Neutron stars are dense and hot objects, they provide unique opportunities to study the laws of physics in extreme conditions. Pulsars are highly magnetized neutron stars that rotate very fast and yield detectable periodic strong radio emissions.
Modern pulsar surveys produce large volumes of data, the process of manually labeling candidates is laborious and time consuming. Hence researchers are currently trying to study and come up with approaches for automatic identifying candidates.
The HTRU2 dataset describes a sample of pulsar candidates collected during the High Time Resolution Universe Survey. The dataset contains a total of 17 898 observations, where 1 639 are positive examples, and 16 259 are negative. For each candidate (observation) 8 continuous variables, and a
binary classification variable, are available:
- the mean of the integrated profile;
- the standard deviation of the integrated profile;
- the excess kurtosis of the integrated profile;
- the skewness of the integrated profile;
- the mean of the DM-SNR curve;
- the standard deviation of the DM-SNR curve;
- the excess kurtosis of the DM-SNR curve;
- the skewness of the DM-SNR curve;
- and, the target class, where the values used are 1 for candidates
identified positively as pulsars, and 0 otherwise.

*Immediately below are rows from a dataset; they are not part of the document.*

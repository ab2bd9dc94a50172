-- ===== src/Auth/Callers.antt =====
-- Who a request that is handed on belongs to.
use docker_mobile.Base.{
  some-inv, none≢some, ℕ, ◌≡◌, refl, sym, ap, ◌∙◌, subst, ◌≢◌, inl, inr, Bool, true, false, not,
  Option, none, some, [], arith, Bool-cases, Option-cases, &&-eq-true, Text, ◌==◌, nat_eq, text_eq,
  ==_iff,
}
use docker_mobile.State.Dir.{Faults}
use docker_mobile.State.Tokens.{is_device_token}
use docker_mobile.State.Devices.{Device, Library, Devices, authenticate}
use docker_mobile.State.Devices.Access.{Owns, Answers, let_in, kept_out, authenticate-Answers}
use docker_mobile.Auth.{
  Agent, Setup, Request, Outside, Answer, handed_on, too_many, unauthorized, bearer_token,
  same_token, env_device, track_request, look_up_again, hand_on, serve, is_blocked, is_legacy,
  served, require_other, or_other, try_device, require_device, require,
}

-- The shared state when the device of a tracked request is looked up again.
abbrev pub at_lookup : Outside → Request → Device → Agent → Agent
at_lookup o r d a =
    o.before_lookup
      (o.before_look (track_request r d (o.before_track a) (o.before_track a).conns).0)

-- How a request comes to be handed on for the device `dev`.
pub data IsCaller (setup : Setup) (o : Outside) (r : Request) (a : Agent) (dev : Device)
    : Type 0 where
  -- It has a token that owns a device at first, and also once the request is tracked; that device,
  -- without the hash of its token, is the caller.
  by_device :
      (token id id' : Text) (d d' : Device)
      → bearer_token r ≡ some token
      → is_device_token token ≡ true
      → Owns setup.lib a.devices token id d
      → Owns setup.lib
          (at_lookup o r
            (record d { last_seen_at = o.now })
            (record a { devices = (authenticate setup.lib o.os o.now token a.devices).0 })).devices
          token
          id'
          d'
      → dev ≡ record d' { last_seen_at = o.later; token_hash = [] }
      → IsCaller setup o r a dev
  -- It has the shared token, which is set.
  by_shared_token :
      (token : Text)
      → bearer_token r ≡ some token
      → setup.legacy ≢ []
      → setup.sha256 token ≡ setup.sha256 setup.legacy
      → dev ≡ env_device
      → IsCaller setup o r a dev

Answers-Owns :
    {lib : Library} {now : ℕ} {token : Text} {s : Devices} {f : Device}
    {x : Devices × Option Device}
    → Answers lib now token s x
    → x.1 ≡ some f
    → (id : Text) × (d : Device) × Owns lib s token id d × (f ≡ record d { last_seen_at = now })
Answers-Owns (let_in id d owns e b) h = (id, d, owns, some-inv _ _ (sym h ∙ e))
Answers-Owns (kept_out k e) h = absurd (none≢some _ (sym (ap (λ y. y.1) e) ∙ h))

authenticate-Owns :
    (lib : Library) (os : Faults) (now : ℕ) (token : Text) (s : Devices) (f : Device)
    → (authenticate lib os now token s).1 ≡ some f
    → (id : Text) × (d : Device) × Owns lib s token id d × (f ≡ record d { last_seen_at = now })
authenticate-Owns lib os now token s f h = Answers-Owns (authenticate-Answers lib os now token s) h

handed-inv :
    (d dev : Device) (n m : Option ℕ) → some (handed_on d n) ≡ some (handed_on dev m) → dev ≡ d
handed-inv d dev n m h = ground (h, arith)

none≢answer : (x : Answer) → none ≢ some x
none≢answer x h = ground (h, arith)

hand_on-inv :
    (r : Request) (d : Device) (n m : Option ℕ) (ended : Bool) (x : Agent × Option Device)
    (dev : Device)
    → (hand_on r d n ended x).1 ≡ some (handed_on dev m)
    → (f : Device) × (x.1 ≡ some f) × (dev ≡ record f { token_hash = [] })
unfolding hand_on
hand_on-inv r d n m ended (a, none) dev h = absurd (ground (h, arith))
hand_on-inv r d n m true (a, some f) dev h = absurd (ground (h, arith))
hand_on-inv r d n m false (a, some f) dev h = (f, refl, handed-inv _ _ _ _ h)

-- What a `serve` for a device token hands on is the device that owns the token after tracking.
serve-device :
    (setup : Setup) (o : Outside) (r : Request) (d dev : Device) (token : Text) (n : Option ℕ)
    (a : Agent)
    → (serve setup o r d (some token) a).1 ≡ some (handed_on dev n)
    → (id : Text) × (d' : Device) × Owns setup.lib (at_lookup o r d a).devices token id d'
      × (dev ≡ record d' { last_seen_at = o.later; token_hash = [] })
unfolding serve look_up_again
serve-device setup o r d dev token n a h =
    let (f, e, q) = hand_on-inv _ _ _ _ _ _ _ h in
    let (id, d', owns, p) =
      authenticate-Owns setup.lib o.os_later o.later token (at_lookup o r d a).devices f e in
    (id, d', owns, q ∙ ap {A = Device} (λ x. record x { token_hash = [] }) p)

serve-shared :
    (setup : Setup) (o : Outside) (r : Request) (d dev : Device) (n : Option ℕ) (a : Agent)
    → (serve setup o r d none a).1 ≡ some (handed_on dev n)
    → dev ≡ record d { token_hash = [] }
unfolding serve look_up_again
serve-shared setup o r d dev n a h =
    let (f, e, q) = hand_on-inv _ _ _ _ _ _ _ h in
    q ∙ ap {A = Device} (λ x. record x { token_hash = [] }) (sym (some-inv _ _ e))

served-inv :
    (x : Agent × Option Answer) (dev : Device) (n : Option ℕ)
    → (served x).1 ≡ handed_on dev n
    → x.1 ≡ some (handed_on dev n)
unfolding served
served-inv (a, none) dev n h = absurd (ground (h, arith))
served-inv (a, some answer) dev n h = ap some h

is_legacy-inv :
    (setup : Setup) (bearer : Option Text)
    → is_legacy setup bearer ≡ true
    → (token : Text) × (bearer ≡ some token)
      × (setup.legacy ≢ [])
      × (setup.sha256 token ≡ setup.sha256 setup.legacy)
unfolding is_legacy same_token
is_legacy-inv setup none h = absurd (ground (h, arith))
is_legacy-inv setup (some token) h =
    let (set, rest) = &&-eq-true (not (setup.legacy == [])) _ h in
    let (_, same) = &&-eq-true (not (is_device_token token)) _ rest in
    (token, refl, (λ e. ground (arith, set, (==_iff setup.legacy []).1 e)), (==_iff _ _).0 same)

too_many-apart : (k : ℕ) (dev : Device) (n : Option ℕ) → too_many k ≢ handed_on dev n
too_many-apart k dev n h = ground (h, arith)

unauthorized-apart : (dev : Device) (n : Option ℕ) → unauthorized ≢ handed_on dev n
unauthorized-apart dev n h = ground (h, arith)

require_other-handed_on :
    (setup : Setup) (o : Outside) (r : Request) (bearer : Option Text) (a : Agent) (dev : Device)
    (n : Option ℕ)
    → (require_other setup o r bearer a).1 ≡ handed_on dev n
    → (is_legacy setup bearer ≡ true)
      × (dev ≡ env_device)
      × (is_blocked a.limiter r.key o.now ≡ none)
unfolding require_other
require_other-handed_on setup o r bearer a dev n h =
    elim (Option-cases (is_blocked a.limiter r.key o.now)) [
      | inr (left, e) ↦ absurd (too_many-apart left dev n (rw (e, require_other) at h))
      | inl e ↦
          let h' = rw (e, require_other) at h in
          elim (Bool-cases (is_legacy setup bearer)) [
            | inl l ↦
                (l, serve-shared setup o r env_device dev n a (served-inv _ dev n (rw l at h')), e)
            | inr l ↦ absurd (unauthorized-apart dev n (rw l at h'))
          ]
    ]

-- How `try_device` hands a request on.
try_device-handed_on :
    (setup : Setup) (o : Outside) (r : Request) (token : Text) (x : Devices × Option Device)
    (a : Agent) (dev : Device) (n : Option ℕ)
    → (try_device setup o r token x a).1 ≡ some (handed_on dev n)
    → (f : Device) × (x.1 ≡ some f)
      × (id : Text) × (d' : Device) × Owns setup.lib
          (at_lookup o r f (record a { devices = x.0 })).devices
          token
          id
          d'
      × (dev ≡ record d' { last_seen_at = o.later; token_hash = [] })
unfolding try_device
try_device-handed_on setup o r token (s, none) a dev n h = absurd (ground (h, arith))
try_device-handed_on setup o r token (s, some f) a dev n h =
    let (id, d', owns, q) = serve-device setup o r f dev token n (record a { devices = s }) h in
    (f, refl, id, d', owns, q)

require_device-handed_on :
    (setup : Setup) (o : Outside) (r : Request) (bearer : Option Text) (a : Agent) (dev : Device)
    (n : Option ℕ)
    → bearer_token r ≡ bearer
    → (require_device setup o r bearer a).1 ≡ some (handed_on dev n)
    → IsCaller setup o r a dev
unfolding require_device
require_device-handed_on setup o r none a dev n b h = absurd (ground (h, arith))
require_device-handed_on setup o r (some token) a dev n b h =
    elim (Bool-cases (is_device_token token)) [
      | inr t ↦ absurd (none≢answer _ (rw t at h))
      | inl t ↦
          let (f, e, id', d', owns', q) =
            try_device-handed_on setup o r token _ a dev n (rw t at h) in
          let (id, d, owns, p) = authenticate-Owns setup.lib o.os o.now token a.devices f e in
          by_device token id id' d d' b t owns
            (subst
              (λ g.
                Owns setup.lib
                  (at_lookup o r g (record a {
                    devices = (authenticate setup.lib o.os o.now token a.devices).0;
                  })).devices
                  token id' d')
              p owns')
            q
    ]

or_other-handed_on :
    (setup : Setup) (o : Outside) (r : Request) (a : Agent) (x : Agent × Option Answer)
    (dev : Device) (n : Option ℕ)
    → (x.1 ≡ some (handed_on dev n) → IsCaller setup o r a dev)
    → (or_other setup o r (bearer_token r) x).1 ≡ handed_on dev n
    → IsCaller setup o r a dev
unfolding or_other
or_other-handed_on setup o r a (a', some answer) dev n k h = k (ap some h)
or_other-handed_on setup o r a (a', none) dev n k h =
    let (l, e, free) = require_other-handed_on setup o r (bearer_token r) a' dev n h in
    let (token, b, set, same) = is_legacy-inv setup (bearer_token r) l in
    by_shared_token token b set same e

-- `Require` hands a request on only for a device whose token it has, and which still had it after
-- the request was tracked, whatever other goroutines did in between; or for the shared token. The
-- caller that is passed on never carries the hash of a token.
pub require-IsCaller :
    (setup : Setup) (o : Outside) (r : Request) (a : Agent) (dev : Device) (n : Option ℕ)
    → (require setup o r a).1 ≡ handed_on dev n
    → IsCaller setup o r a dev
unfolding require
require-IsCaller setup o r a dev n h =
    or_other-handed_on setup o r a _ dev n
      (require_device-handed_on setup o r (bearer_token r) a dev n refl) h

All the variables are available for every observation, Figure 1 illustrates a sample of the dataset.
More information about the dataset is available here.
The goal is to build a model that is able to identify a pulsar given a set of input features, we approach this as a classification problem. To implement the model we use a 2-layer neural network, illustrated in Figure 2, with a fully connected hidden network with 6 nodes using a RELU activation function, and output layer with a sigmoid activation function.
Next we fit the model to the dataset, using an Adam optimizer, and a binary cross entropy loss function.
The goal of the model created in previous sections is to correctly predict the identification of a pulsar given the defined features. Given enough training data the model should capture the inherent patterns of the data that identify a pulsar, generic enough that can be used to identify new cases, never seen by the model or training process. The evaluation of the model helps measuring the ability of the model to correctly generalize to unseen data.
Since the two classes of observations on the dataset are unbalanced, i.e. the number of positive observations (~ 10%) is much smaller than the negative ones (~ 90%), measuring accuracy is not a good approach to evaluate the model. To get a better grasp of the model performance we take a look at the ROC curve, a plot where the x-axis yields the number of false positive rate, and the y-axis yields the true positive rate, illustrated in Figure 3.
An area of 1 under the line would represent a perfect classifier, i.e. all the observations were correctly predicted, an area of 0.5 represents a worthless classifier. In this case an area of 0.981 usually portrays a very good to excellent classifier.